Let $G_1,\dotsc,G_r$ combinatorial impartial games. The selective compound $G=G_1 \vee \dotsc \vee G_r$ is the following game: The positions are the tuples of positions of the $G_i$, and a move is a move in any positive number of $G_i$s. My former question asked for the $\mathcal{P}$-positions of $G$ in terms of the ones for $G_i$. However, there we used implicitly the normal play rule (the one with the last move wins).
Question. What are the $\mathcal{P}$- and $\mathcal{N}$-positions for $G$ under the misère play rule?
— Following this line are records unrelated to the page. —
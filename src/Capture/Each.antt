-- ===== src/Capture/Each.antt =====
-- capture.c: the filter of `each_object`, `each`, and, as a reference, the pairs that the loop of
-- `each_object` yields to a block that leaves the capture as it is.
use memory_profiler.Base.{
  ℕ, ◌≤◌, ◌≡◌, ◌∙◌, refl, Bool, true, false, not, List, [], ◌∷◌, Option, none, some, ◌==◌, inl, inr,
  if◌then◌else◌, arith, Bool-cases, ap, sym, suc,
}
use native.Mathlib.Decide.{ℕ_discrete}
use memory_profiler.Ruby.{Ruby, StTable}
use memory_profiler.Table.Layout.{Entry, Table, is_occupied}
use memory_profiler.Table.Slots.{scan, occurrences}
use memory_profiler.Table.Holds.{IsLive, IsValid}
use memory_profiler.Capture.State.{Capture}

module _ ⦃rb : Ruby⦄ (st : StTable) where
  -- The wrapper of a class, or `nil`.
  abbrev pub allocations_of : st.Table → ℕ → ℕ
  allocations_of tracked klass = elim (st.lookup tracked klass) [
    | some allocations ↦ allocations
    | none ↦ rb.q_nil
  ]

  -- The filter by a wrapper; `nil` lets all entries pass.
  abbrev pub selects : st.Table → ℕ → Entry → Bool
  selects tracked filter entry =
      if filter == rb.q_nil then true else allocations_of tracked entry.klass == filter

  -- The reference: the pairs of the occupied entries that the filter lets pass, in order.
  unfoldable pub yields : st.Table → ℕ → List Entry → List (ℕ × ℕ)
  yields tracked filter [] = []
  yields tracked filter (entry ∷ rest) =
      let later = yields tracked filter rest in
      if not (is_occupied entry.object)
      then later
      else if not (selects tracked filter entry)
      then later
      else (entry.object, allocations_of tracked entry.klass) ∷ later

  unfoldable pub each_object_body : Capture st → ℕ → List (ℕ × ℕ)
  each_object_body c filter = elim c.states [
    | none ↦ []
    | some t ↦ yields c.tracked filter t.entries
  ]

  -- The pairs of a class and its wrapper that `each` yields.
  unfoldable pub each : Capture st → List (ℕ × ℕ)
  each c = st.pairs c.tracked

  -- How often an object is yielded.
  pub times : ℕ → List (ℕ × ℕ) → ℕ
  times q [] = 0
  times q ((object, allocations) ∷ rest) = let n = times q rest in if object == q then suc n else n

  -- How often it ought to be, by what a lookup of it reads.
  abbrev pub due : st.Table → ℕ → Option Entry → ℕ
  due tracked filter none = 0
  due tracked filter (some entry) = if selects tracked filter entry then 1 else 0

  times-none :
      (tracked : st.Table) (filter q : ℕ) (es : List Entry)
      → occurrences q es ≡ 0
      → times q (yields tracked filter es) ≡ 0
  unfolding times yields occurrences
  times-none tracked filter q [] o = refl
  times-none tracked filter q (e ∷ es) o =
      let rest = times-none tracked filter q es (ground arith) in
      elim (Bool-cases (is_occupied e.object)) [
        | inr hole ↦ rw hole rest
        | inl used ↦ elim (Bool-cases (selects tracked filter e)) [
          | inr other ↦ rw (used, other) rest
          | inl own ↦ rw (used, own) (ground (arith, rest))
        ]
      ]

  times-due :
      (tracked : st.Table) (filter q : ℕ) (es : List Entry)
      → IsLive q
      → occurrences q es ≤ 1
      → times q (yields tracked filter es) ≡ due tracked filter (scan q es)
  unfolding times yields occurrences scan
  times-due tracked filter q [] ok once = refl
  times-due tracked filter q (e ∷ es) ok once = elim (ℕ_discrete e.object q) [
    | no differ ↦
        let rest = times-due tracked filter q es ok (ground (arith, differ)) in
        let miss : (e.object == q) ≡ false = ground (arith, differ) in
        elim (Bool-cases (is_occupied e.object)) [
          | inr hole ↦ rw (hole, miss) rest
          | inl used ↦ elim (Bool-cases (selects tracked filter e)) [
            | inr other ↦ rw (used, other, miss) rest
            | inl own ↦ rw (used, own, miss) rest
          ]
        ]
    | yes same ↦
        let hit : (e.object == q) ≡ true = ground (arith, same) in
        let used : is_occupied e.object ≡ true = ground (arith, same, ok.0, ok.1) in
        let rest = times-none tracked filter q es (ground (arith, same)) in
        elim (Bool-cases (selects tracked filter e)) [
          | inr other ↦ rw (used, other, hit) (rest ∙ ap (λ b. if b then 1 else 0) (sym other))
          | inl own ↦ rw (used, own, hit) (ap suc rest ∙ ap (λ b. if b then 1 else 0) (sym own))
        ]
  ]

  -- For a capture with a well-formed table and a block that leaves the capture as it is, with any
  -- filter: `each_object` yields a live address exactly once if a lookup finds it and its class has
  -- the wrapper that is asked for, or none is asked for, and not at all otherwise.
  pub each_object_body-times :
      (c : Capture st) (filter : ℕ) (t : Table)
      → c.states ≡ some t
      → IsValid t
      → (q : ℕ) → IsLive q
      → times q (each_object_body c filter) ≡ due c.tracked filter (scan q t.entries)
  unfolding each_object_body
  each_object_body-times c filter t e v q ok =
      rw (e, each_object_body) (times-due c.tracked filter q t.entries ok (v.once q ok))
Here is a very basic example which already shows that something strange may happen: Let $G_1$ be the subtraction game with one pile and substraction set $\{1\}$. Thus, positions of $G_1$ are natural numbers and the only moves are $n \mapsto n-1$ if $n>0$. The $\mathcal{P}$-positions of $G_1$ under the misère play rule are the odd natural numbers. One verifies that the $\mathcal{P}$-positions in $G_1 \vee \dotsc \vee G_1$ are a) the ones of the form $(0,\dotsc,0,n,0,\dotsc,0)$ for some odd natural number $n$, b) $(n_1,\dotsc,n_s)$, where at least two $n_i$ are positive, and all $n_i$ are even.